**INFORMATION**.
==========
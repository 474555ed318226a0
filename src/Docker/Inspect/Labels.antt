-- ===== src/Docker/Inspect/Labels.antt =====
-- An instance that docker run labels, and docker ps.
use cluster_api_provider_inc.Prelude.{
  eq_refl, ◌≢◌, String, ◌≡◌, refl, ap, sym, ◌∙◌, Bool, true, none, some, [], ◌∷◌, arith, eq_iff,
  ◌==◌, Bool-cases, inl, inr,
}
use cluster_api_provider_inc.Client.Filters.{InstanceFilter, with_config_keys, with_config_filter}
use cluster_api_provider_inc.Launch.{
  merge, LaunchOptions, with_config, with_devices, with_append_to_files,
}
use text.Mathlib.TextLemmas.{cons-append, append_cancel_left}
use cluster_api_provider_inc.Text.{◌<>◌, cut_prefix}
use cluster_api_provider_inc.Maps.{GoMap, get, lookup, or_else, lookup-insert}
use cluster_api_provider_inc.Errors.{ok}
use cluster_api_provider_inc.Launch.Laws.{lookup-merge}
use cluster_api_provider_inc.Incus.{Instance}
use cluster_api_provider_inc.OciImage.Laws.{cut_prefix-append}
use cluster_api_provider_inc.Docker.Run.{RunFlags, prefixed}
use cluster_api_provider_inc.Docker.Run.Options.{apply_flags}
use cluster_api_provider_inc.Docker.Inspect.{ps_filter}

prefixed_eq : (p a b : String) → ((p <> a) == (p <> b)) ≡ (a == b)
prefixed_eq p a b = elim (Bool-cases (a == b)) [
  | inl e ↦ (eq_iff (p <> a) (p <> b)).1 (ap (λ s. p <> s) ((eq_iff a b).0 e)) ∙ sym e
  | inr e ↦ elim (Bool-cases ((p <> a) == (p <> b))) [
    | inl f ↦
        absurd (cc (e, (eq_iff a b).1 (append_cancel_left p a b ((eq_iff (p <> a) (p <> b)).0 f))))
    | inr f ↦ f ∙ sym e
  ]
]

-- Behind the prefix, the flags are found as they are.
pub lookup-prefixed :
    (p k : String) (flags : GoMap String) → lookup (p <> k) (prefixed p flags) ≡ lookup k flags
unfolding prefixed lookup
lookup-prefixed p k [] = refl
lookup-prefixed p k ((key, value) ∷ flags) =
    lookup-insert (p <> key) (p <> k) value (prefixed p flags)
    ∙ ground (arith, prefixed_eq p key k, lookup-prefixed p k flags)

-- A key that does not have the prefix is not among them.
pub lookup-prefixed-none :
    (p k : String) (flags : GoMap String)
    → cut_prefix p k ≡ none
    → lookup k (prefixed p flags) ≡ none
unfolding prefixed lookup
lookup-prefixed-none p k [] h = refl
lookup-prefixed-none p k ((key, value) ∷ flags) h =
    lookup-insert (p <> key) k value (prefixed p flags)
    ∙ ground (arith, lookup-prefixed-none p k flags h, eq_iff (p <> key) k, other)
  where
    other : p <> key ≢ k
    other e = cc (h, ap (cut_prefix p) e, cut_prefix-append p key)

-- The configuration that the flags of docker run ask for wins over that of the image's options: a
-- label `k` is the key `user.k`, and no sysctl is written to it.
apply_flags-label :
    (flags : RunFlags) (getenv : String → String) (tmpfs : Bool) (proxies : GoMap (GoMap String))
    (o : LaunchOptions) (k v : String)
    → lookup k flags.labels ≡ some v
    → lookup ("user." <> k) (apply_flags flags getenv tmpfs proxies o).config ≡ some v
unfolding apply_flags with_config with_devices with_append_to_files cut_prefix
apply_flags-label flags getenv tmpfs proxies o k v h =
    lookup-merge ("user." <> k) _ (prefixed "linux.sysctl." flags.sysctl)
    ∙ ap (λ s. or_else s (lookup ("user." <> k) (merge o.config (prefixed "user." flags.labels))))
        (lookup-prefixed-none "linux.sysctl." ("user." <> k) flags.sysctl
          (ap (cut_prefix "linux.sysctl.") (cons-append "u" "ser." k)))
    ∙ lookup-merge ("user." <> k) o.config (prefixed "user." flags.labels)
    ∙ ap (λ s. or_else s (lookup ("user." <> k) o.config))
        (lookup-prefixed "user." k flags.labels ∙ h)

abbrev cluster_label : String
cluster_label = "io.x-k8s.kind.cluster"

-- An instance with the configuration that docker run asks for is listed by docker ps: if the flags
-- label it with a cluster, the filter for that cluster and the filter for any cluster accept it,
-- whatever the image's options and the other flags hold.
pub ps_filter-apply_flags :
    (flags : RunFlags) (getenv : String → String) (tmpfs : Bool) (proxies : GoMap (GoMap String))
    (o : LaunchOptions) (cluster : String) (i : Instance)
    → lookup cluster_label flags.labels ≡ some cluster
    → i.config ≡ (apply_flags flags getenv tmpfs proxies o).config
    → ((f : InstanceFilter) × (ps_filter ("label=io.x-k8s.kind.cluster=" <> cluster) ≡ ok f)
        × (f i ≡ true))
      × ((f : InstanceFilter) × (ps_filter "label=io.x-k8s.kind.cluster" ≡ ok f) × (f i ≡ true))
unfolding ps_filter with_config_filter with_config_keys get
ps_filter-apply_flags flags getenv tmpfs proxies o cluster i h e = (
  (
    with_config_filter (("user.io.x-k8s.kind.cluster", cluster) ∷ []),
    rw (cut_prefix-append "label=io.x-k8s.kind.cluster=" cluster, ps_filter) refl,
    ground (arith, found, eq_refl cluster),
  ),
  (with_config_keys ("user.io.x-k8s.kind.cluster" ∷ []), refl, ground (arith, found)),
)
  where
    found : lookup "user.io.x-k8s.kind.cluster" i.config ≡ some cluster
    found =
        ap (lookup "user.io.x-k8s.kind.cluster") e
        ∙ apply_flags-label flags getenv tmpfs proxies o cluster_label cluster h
==========
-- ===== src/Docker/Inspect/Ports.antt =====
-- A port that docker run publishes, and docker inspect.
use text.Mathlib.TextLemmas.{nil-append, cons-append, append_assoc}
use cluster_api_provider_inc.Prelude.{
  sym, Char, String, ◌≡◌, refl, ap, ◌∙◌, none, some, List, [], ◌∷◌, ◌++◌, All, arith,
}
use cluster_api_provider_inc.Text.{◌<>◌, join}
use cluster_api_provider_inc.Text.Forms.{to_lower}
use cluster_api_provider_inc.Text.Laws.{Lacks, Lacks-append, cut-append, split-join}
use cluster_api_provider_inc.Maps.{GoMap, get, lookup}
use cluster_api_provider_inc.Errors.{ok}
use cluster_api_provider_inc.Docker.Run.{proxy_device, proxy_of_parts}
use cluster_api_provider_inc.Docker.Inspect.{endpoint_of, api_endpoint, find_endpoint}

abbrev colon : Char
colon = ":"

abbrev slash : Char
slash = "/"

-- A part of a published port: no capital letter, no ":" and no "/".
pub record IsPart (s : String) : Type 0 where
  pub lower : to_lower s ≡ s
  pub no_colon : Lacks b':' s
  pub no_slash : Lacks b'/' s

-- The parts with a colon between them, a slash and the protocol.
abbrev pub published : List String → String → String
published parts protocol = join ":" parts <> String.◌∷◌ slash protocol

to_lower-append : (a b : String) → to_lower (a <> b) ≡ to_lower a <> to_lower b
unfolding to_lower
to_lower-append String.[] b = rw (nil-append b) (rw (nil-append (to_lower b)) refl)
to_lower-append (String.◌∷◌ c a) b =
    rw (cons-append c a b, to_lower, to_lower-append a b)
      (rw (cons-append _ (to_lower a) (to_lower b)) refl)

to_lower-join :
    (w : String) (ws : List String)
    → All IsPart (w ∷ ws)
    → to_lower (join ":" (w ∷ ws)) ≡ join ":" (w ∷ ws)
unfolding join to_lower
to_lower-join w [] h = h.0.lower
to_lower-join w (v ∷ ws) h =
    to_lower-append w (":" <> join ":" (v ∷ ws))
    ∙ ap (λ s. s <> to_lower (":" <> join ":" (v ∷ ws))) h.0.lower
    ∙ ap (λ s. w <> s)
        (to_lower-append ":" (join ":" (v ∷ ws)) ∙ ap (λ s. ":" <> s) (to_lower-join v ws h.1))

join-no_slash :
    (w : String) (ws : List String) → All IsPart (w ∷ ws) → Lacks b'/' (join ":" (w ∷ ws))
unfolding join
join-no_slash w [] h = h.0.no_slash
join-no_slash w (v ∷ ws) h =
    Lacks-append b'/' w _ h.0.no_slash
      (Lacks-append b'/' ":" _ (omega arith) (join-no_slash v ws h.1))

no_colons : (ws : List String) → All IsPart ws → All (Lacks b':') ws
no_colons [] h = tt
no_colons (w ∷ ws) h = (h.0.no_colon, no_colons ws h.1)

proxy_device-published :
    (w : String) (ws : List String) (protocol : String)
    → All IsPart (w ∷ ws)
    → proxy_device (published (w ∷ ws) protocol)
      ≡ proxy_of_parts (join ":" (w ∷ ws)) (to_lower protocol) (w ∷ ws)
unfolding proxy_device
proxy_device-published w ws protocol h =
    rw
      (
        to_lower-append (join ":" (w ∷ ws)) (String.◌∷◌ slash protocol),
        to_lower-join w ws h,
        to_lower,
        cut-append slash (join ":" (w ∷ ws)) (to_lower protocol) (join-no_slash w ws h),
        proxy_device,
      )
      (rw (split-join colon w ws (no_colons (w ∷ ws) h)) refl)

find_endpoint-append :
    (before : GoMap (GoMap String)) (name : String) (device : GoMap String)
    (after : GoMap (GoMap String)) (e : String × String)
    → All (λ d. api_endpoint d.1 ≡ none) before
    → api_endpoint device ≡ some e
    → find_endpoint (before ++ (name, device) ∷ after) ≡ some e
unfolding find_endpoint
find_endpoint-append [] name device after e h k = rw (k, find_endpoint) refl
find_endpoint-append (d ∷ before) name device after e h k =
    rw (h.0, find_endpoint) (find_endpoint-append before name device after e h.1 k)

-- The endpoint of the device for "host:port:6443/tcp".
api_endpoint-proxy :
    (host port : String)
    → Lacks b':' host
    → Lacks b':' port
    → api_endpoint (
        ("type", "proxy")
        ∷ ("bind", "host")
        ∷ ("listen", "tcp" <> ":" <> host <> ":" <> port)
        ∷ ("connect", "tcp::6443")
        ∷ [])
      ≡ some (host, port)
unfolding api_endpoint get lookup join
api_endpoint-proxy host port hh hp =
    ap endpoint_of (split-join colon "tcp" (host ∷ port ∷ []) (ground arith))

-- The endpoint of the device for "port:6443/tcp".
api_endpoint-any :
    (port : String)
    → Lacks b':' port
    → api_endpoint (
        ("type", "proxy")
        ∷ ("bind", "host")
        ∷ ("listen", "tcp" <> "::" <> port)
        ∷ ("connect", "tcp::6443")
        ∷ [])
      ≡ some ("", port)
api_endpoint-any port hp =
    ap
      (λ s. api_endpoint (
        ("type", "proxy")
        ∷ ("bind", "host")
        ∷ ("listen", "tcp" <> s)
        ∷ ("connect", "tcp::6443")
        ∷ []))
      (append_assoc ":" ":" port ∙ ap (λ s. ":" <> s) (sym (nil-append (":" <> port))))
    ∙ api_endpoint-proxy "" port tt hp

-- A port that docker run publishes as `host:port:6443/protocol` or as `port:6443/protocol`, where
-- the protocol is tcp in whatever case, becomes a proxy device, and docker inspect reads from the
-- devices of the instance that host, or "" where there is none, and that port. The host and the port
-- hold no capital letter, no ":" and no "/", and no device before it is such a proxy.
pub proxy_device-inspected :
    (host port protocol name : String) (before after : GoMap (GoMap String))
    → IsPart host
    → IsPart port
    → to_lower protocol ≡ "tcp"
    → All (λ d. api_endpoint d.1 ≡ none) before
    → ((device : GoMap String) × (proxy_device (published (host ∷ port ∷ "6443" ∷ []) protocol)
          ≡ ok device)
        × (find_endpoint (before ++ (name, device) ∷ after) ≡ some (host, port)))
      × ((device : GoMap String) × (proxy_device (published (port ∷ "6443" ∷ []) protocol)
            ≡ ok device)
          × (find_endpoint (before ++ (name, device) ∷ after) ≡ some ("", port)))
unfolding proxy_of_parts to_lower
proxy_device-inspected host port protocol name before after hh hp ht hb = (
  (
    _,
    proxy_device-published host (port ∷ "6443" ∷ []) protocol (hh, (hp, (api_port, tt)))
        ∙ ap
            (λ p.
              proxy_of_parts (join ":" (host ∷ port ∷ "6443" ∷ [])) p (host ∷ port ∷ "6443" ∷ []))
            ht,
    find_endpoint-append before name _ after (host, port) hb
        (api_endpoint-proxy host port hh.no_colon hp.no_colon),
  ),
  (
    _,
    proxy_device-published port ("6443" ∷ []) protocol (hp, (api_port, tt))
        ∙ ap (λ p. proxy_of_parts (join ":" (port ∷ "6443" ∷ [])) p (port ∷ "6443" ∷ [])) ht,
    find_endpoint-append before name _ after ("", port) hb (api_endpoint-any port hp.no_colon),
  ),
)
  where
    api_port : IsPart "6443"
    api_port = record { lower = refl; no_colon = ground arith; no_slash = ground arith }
==========
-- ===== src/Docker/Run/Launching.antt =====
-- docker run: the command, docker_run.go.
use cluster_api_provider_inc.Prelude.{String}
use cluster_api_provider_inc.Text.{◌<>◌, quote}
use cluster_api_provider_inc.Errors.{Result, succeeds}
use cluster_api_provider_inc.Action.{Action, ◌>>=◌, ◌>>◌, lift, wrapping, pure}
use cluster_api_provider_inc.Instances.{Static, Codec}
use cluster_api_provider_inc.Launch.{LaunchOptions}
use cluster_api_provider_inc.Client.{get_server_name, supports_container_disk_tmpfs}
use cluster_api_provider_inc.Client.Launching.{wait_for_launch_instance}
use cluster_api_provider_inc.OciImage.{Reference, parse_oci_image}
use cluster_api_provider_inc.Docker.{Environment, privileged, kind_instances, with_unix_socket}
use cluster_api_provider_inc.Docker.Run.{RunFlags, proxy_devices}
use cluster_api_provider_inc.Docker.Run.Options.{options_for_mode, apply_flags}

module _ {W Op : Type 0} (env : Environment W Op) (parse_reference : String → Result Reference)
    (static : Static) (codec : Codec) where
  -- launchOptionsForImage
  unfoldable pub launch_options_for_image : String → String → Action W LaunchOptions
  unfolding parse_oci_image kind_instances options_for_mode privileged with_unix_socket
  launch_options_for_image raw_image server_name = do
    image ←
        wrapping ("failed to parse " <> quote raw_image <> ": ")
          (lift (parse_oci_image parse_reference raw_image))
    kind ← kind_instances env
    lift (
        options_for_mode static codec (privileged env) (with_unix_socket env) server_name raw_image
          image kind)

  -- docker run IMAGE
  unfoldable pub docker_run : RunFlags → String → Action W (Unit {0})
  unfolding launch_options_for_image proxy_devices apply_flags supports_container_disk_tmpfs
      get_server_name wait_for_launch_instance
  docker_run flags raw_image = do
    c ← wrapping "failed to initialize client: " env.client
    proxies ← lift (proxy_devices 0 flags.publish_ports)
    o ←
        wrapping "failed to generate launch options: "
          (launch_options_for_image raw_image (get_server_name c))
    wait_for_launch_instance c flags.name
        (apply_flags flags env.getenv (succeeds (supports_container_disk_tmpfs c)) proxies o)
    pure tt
==========
Go through the data and show every line where "that" occurs.

**EXERCISE OUTPUT**.
-- An instance that docker run labels, and docker ps.
-- A key that does not have the prefix is not among them.
-- The configuration that the flags of docker run ask for wins over that of the image's options: a
-- An instance with the configuration that docker run asks for is listed by docker ps: if the flags
-- label it with a cluster, the filter for that cluster and the filter for any cluster accept it,
-- A port that docker run publishes, and docker inspect.
-- A port that docker run publishes as `host:port:6443/protocol` or as `port:6443/protocol`, where
-- devices of the instance that host, or "" where there is none, and that port. The host and the port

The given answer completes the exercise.